Disclaimer: This article presents my personal opinions and perspectives on the project, so this is not my company’s opinion.

When I started as an engineering manager at a former employer in 2018, the team which I joined have run deployments of its software product every two weeks after the sprint has ended. Major issue, however, was that the deployment took regularly two engineers a full day of work. The entire deployment process was error-prone, a huge overhead, and repetitive. Essentially, no engineer really wanted to do the job that was assigned by lot. Although I experienced lengthy or difficult deployment processes in my career before and also in later career steps, that process was really a nightmare and needed to be changed.

Since then, I am a huge fan of the practices described in the book “Accelerate” by Nicole Forsgren [4] and the entire DevOps Research & Assessment (DORA) program and its outcome, the State of DevOps Reports. Simply, a deployment has to be the most natural thing in the world for the developers. New features should be shipped via fully automated processes in nearly no time to production, so that there is no overhead and can be done with every feature that has been finished or bug that has been fixed. Nowadays, also the term “developer experience” is connected to that goal (see also: [5]). As developers and their “experience” are essential to build your product, they should be able to do their work as effectively as possible, otherwise you are loosing money (see: [3], [5], and [4]).

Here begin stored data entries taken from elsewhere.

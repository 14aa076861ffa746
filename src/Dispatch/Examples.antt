-- ===== src/Dispatch/Examples.antt =====
-- A fleet in which the first worker is at its limit, the second breaks and the third answers.
use infermesh.Prelude.{
  ℕ, ◌≡◌, refl, subst, String, false, none, some, List, [], ◌∷◌, arith, str_eq, if◌then◌else◌,
}
use infermesh.Dispatch.{
  Attempt, Result, ok, err, err_no_matching_workers, http_error, is_retryable_error,
  dispatch_with_failover, write_failover_error, err_conn_closed,
}
use infermesh.Candidates.Examples.{addr, format, algo, fleet as two_workers}
use infermesh.Floats.Fixed.{fixed}
use infermesh.Dispatch.Routed.{View, routed, routed-Asks}
use infermesh.Dispatch.Failover.{limited, failed, dispatch_succeeds}
use infermesh.Dispatch.Outcomes.{Excludes, Asks}
use infermesh.Dispatch.Response.{FromWorker, FromWorkers, Answer, dispatch-write_failover_error}

-- The workers are named by their place in the order of the scores.
abbrev choice : List String → Result String
choice [] = ok "a"
choice (_ ∷ []) = ok "b"
choice (_ ∷ _ ∷ []) = ok "c"
choice (_ ∷ _ ∷ _ ∷ _) = err (err_no_matching_workers ∷ [])

abbrev fleet : ℕ → Attempt ℕ
fleet k = record {
  ctx_err = none;
  select_excluding = choice;
  is_rate_limited = λ w. str_eq w "a";
  complete = λ w. if str_eq w "c" then ok 42 else err (err_conn_closed ∷ []);
}

dispatch_succeeds_example : (dispatch_with_failover fleet "llama" 3).0 ≡ ok 42
dispatch_succeeds_example = dispatch_succeeds fleet "llama" 3 2 42 (omega arith) (
  "a" ∷ [],
  limited "a" refl refl refl,
  (
    "b" ∷ "a" ∷ [],
    failed "b" (err_conn_closed ∷ []) refl refl refl refl (unfold is_retryable_error in refl),
    record { worker = "c"; in_time = refl; selected = refl; admitted = refl; completed = refl },
  ),
)

-- A fleet of one worker, which refuses the request.
abbrev strict : ℕ → Attempt ℕ
strict k = record {
  ctx_err = none;
  select_excluding =
      λ excluded. elim excluded [ [] ↦ ok "a" | _ ∷ _ ↦ err (err_no_matching_workers ∷ []) ];
  is_rate_limited = λ w. false;
  complete = λ w. err (http_error 400 ∷ []);
}

strict-Excludes : Excludes strict
strict-Excludes k [] w h m = elim m [ ]
strict-Excludes k (x ∷ xs) w h m = cc

abbrev Fair : Result ℕ → Type 0
Fair (ok body) = Unit
Fair (err e) = FromWorker e

strict-FromWorkers : FromWorkers strict
strict-FromWorkers k w e h = subst Fair h (record {
  not_canceled = refl;
  not_unmatched = refl;
  not_unavailable = refl;
  not_exhausted = refl;
})

refused : (dispatch_with_failover strict "llama" 3).0 ≡ err (http_error 400 ∷ [])
unfolding dispatch_with_failover
refused = refl

dispatch-write_failover_error_example :
    Answer (write_failover_error (some (http_error 400 ∷ []))).status (http_error 400 ∷ [])
dispatch-write_failover_error_example =
    dispatch-write_failover_error strict "llama" 3 (http_error 400 ∷ []) strict-FromWorkers refused

-- The turns of a router that knows two workers.
abbrev view : View fixed
view = record {
  now = 2000;
  include_unloaded = false;
  load_model = λ w. false;
  load = λ w. none;
  throughput = λ w. none;
  cache = two_workers;
}

routed-Asks_example :
    Asks 3 []
      (dispatch_with_failover
        (routed fixed addr format algo (λ ws. ws) (λ vs. vs) "llama3-8b" (λ k. view) fleet)
        "llama3-8b"
        3).1
routed-Asks_example =
    routed-Asks fixed addr format algo (λ ws. ws) (λ vs. vs) "llama3-8b" (λ k. view) fleet 3
      (λ x ws h. h)
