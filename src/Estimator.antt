-- ===== src/Estimator.antt =====
-- pkg/worker/concurrency_estimator.go: how many requests a worker takes at once. Times and durations
-- are nanoseconds; a time is none where the source has the zero time, which is more than any duration
-- ago. The arithmetic on float64 is the record `Floats`. The file and the timer of `persist` are left
-- out: what `LoadPersisted` read is an argument. The mutex makes each method one step.
pub mod Bounds
pub mod Idle
mod Examples
use infermesh.Prelude.{
  ℕ, zero, suc, ◌+◌, ◌-◌, ◌*◌, ◌==◌, ltb, leb, Bool, true, false, not, ◌&&◌, ◌||◌, Option, none,
  some, List, [], ◌∷◌, ◌++◌, if◌then◌else◌, length, drop, get_elem?, ℤ, pos, negsuc, int_ltb,
  pos_part,
}

abbrev pub default_init_cap : ℕ
default_init_cap = 4

abbrev pub min_cap : ℕ
min_cap = 1

abbrev pub second : ℕ
second = 1000000000

-- `smoothed b l` is 0.9 of `b` and 0.1 of `l`; `doubled` is times 2.0; `rank_95 n` is the integer of 0.95
-- times `n`.
pub record Floats : Type 0 where
  pub smoothed : ℕ → ℕ → ℕ
  pub doubled : ℕ → ℕ
  pub rank_95 : ℕ → ℕ

-- `changed` is that the channel `changedCh` holds its one token.
pub record ConcurrencyEstimator : Type 0 where
  pub cap : ℕ
  pub window_429 : List ℕ
  pub latencies : List ℕ
  pub baseline_latency : ℕ
  pub last_cap_changed : Option ℕ
  pub changed : Bool

-- `persisted` is what `LoadPersisted` returns, 0 where there is nothing.
unfoldable pub new_estimator_with_init : ℤ → ℤ → ConcurrencyEstimator
new_estimator_with_init persisted init_cap = record {
  cap =
      if int_ltb (pos 0) persisted
      then pos_part persisted
      else if int_ltb init_cap (pos min_cap)
      then min_cap
      else pos_part init_cap;
  window_429 = [];
  latencies = [];
  baseline_latency = 0;
  last_cap_changed = none;
  changed = false;
}

unfoldable pub record_request : Floats → ℕ → ℕ → ℕ → ConcurrencyEstimator → ConcurrencyEstimator
record_request floats start now status_code e =
    let lat = now - start in
    let latencies = e.latencies ++ lat ∷ [] in
    record e {
      latencies = latencies;
      baseline_latency =
          if e.baseline_latency == 0 || ltb (length latencies) 10
          then lat
          else floats.smoothed e.baseline_latency lat;
      window_429 = if status_code == 429 then e.window_429 ++ now ∷ [] else e.window_429;
    }

unfoldable pub record_circuit_open : ℕ → ConcurrencyEstimator → ConcurrencyEstimator
record_circuit_open now e =
    if e.cap == 1 then e else record e { cap = 1; last_cap_changed = some now; changed = true }

unfoldable pub record_circuit_closed : ℕ → ConcurrencyEstimator → ConcurrencyEstimator
record_circuit_closed now e =
    if e.cap == 1
    then record e { cap = default_init_cap; last_cap_changed = some now; changed = true }
    else e

-- `Cap`
unfoldable pub effective_cap : ConcurrencyEstimator → ℕ
effective_cap e = if ltb e.cap min_cap then min_cap else e.cap

-- The times within `back` before `now`.
unfoldable pub within : ℕ → ℕ → List ℕ → List ℕ
within now back [] = []
within now back (t ∷ ts) =
    let rest = within now back ts in if ltb now (t + back) then t ∷ rest else rest

unfoldable pub last_200 : List ℕ → List ℕ
last_200 ls = if ltb 200 (length ls) then drop (length ls - 200) ls else ls

-- The sorted part is held from its end: a value moves left past what is larger.
abbrev pub sift : ℕ → List ℕ → List ℕ
sift x [] = x ∷ []
sift x (y ∷ ys) = let rest = sift x ys in if ltb x y then y ∷ rest else x ∷ y ∷ ys

abbrev pub sort_onto : List ℕ → List ℕ → List ℕ
sort_onto sorted [] = sorted
sort_onto sorted (x ∷ xs) = sort_onto (sift x sorted) xs

abbrev pub or_zero : Option ℕ → ℕ
or_zero none = 0
or_zero (some n) = n

-- `percentile` for 0.95.
unfoldable pub percentile : Floats → List ℕ → ℕ
percentile floats d =
    let sorted = sort_onto [] d in
    let idx = floats.rank_95 (length d - 1) in
    or_zero (get_elem? sorted (length d - 1 - (if leb (length d) idx then length d - 1 else idx)))

unfoldable pub spikes : Floats → ConcurrencyEstimator → Bool
unfolding percentile
spikes floats e =
    leb 5 (length e.latencies)
    && ltb 0 e.baseline_latency
    && ltb (floats.doubled e.baseline_latency) (percentile floats e.latencies)

-- `now.Sub(lastCapChanged) > 60s`
unfoldable pub settled : ℕ → Option ℕ → Bool
settled now none = true
settled now (some t) = ltb (t + 60 * second) now

unfoldable pub prune : ℕ → ConcurrencyEstimator → ConcurrencyEstimator
unfolding within last_200
prune now e = record e {
  window_429 = within now (10 * second) e.window_429;
  latencies = last_200 e.latencies;
}

-- One step down, not below the least cap.
unfoldable pub lower_if : Bool → ℕ → ConcurrencyEstimator → ConcurrencyEstimator
lower_if b now e =
    if b && ltb min_cap e.cap then record e { cap = e.cap - 1; last_cap_changed = some now } else e

unfoldable pub shed_429 : ℕ → ConcurrencyEstimator → ConcurrencyEstimator
unfolding lower_if
shed_429 now e = lower_if (leb 2 (length e.window_429)) now e

unfoldable pub shed_spike : Floats → ℕ → ConcurrencyEstimator → ConcurrencyEstimator
unfolding lower_if spikes
shed_spike floats now e = lower_if (spikes floats e) now e

unfoldable pub recover : ℕ → ConcurrencyEstimator → ConcurrencyEstimator
unfolding settled within
recover now e =
    if ltb e.cap default_init_cap
      && settled now e.last_cap_changed
      && (length (within now (30 * second) e.window_429) == 0)
    then record e { cap = suc e.cap; last_cap_changed = some now }
    else e

pub notify_if : ℕ → ConcurrencyEstimator → ConcurrencyEstimator
notify_if original_cap e = if e.cap == original_cap then e else record e { changed = true }

-- The cap after `suc` is not above the default, so the source's second test has no effect.
unfoldable pub recompute : Floats → ℕ → ConcurrencyEstimator → ConcurrencyEstimator
unfolding prune shed_429 shed_spike recover notify_if
recompute floats now e =
    notify_if e.cap (recover now (shed_spike floats now (shed_429 now (prune now e))))

pub data Call : Type 0 where
  requests : ℕ → ℕ → ℕ → Call
  opens closes ticks : ℕ → Call

unfoldable pub step : Floats → ConcurrencyEstimator → Call → ConcurrencyEstimator
unfolding record_request record_circuit_open record_circuit_closed recompute
step floats e (requests start now status) = record_request floats start now status e
step floats e (opens now) = record_circuit_open now e
step floats e (closes now) = record_circuit_closed now e
step floats e (ticks now) = recompute floats now e

unfoldable pub run : Floats → ConcurrencyEstimator → List Call → ConcurrencyEstimator
unfolding step
run floats e [] = e
run floats e (c ∷ cs) = run floats (step floats e c) cs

According to the latest State of DevOps Report 2021, “[…] excellence in software delivery and operational performance drives organizational performance in technology transformations.” [6] While previous reports have only seen a relationship that companies with a good organizational performance have had a good performance in software delivery, it now seems to become clear that also companies concentrating on improving their CD and software delivery performance (SDP) can also improve their organizational performance (see, e.g.: [7] vs. [6]). The State of DevOps Report 2019 summarizes that their “[…] research continues to show that the industry-standard Four Key Metrics of software development and delivery drive organizational performance in technology transformations […] [It] revalidates previous findings that it is possible to optimize for stability without sacrificing speed.” [7]

So, with the start of the product development at my current employer in August/October 2021 (see also: this article), we directly focused on a proper CD and, thus, SDP. Recently, we started to measure parts of the Four Key Metrics, the Change Lead Time and Deployment Frequency (see also: this section).

The remainder of this article concentrates on showing you how we did this and what lessons I have learned. Additionally, I will try to give you insights on the positive effects of all those efforts. In the next section, we will look at the general technical setup that we have.

Technical Basis

The technical basis of our CD setup is that we mostly follow the Trunk-based Development approach with Git. Trunk-based Development bases on using feature branches as well as working in small batches that are merged as soon as and as often as possible. The State of DevOps Report 2021 sees Trunk-based Development as one of the core capabilities that drives a higher SDP and organizational performance [6].

When an engineer in my team starts developing a new feature or a bugfix, she starts a new branch (feature branch) from the main branch. As soon as the development is done, she creates a Pull Requests (PR) to the main branch. Immediately, there are different tests running automatically against the branch/PR. There are unit tests, integration tests, and end-2-end (e2e) tests. Only if those tests are passed, the merge to main is possible.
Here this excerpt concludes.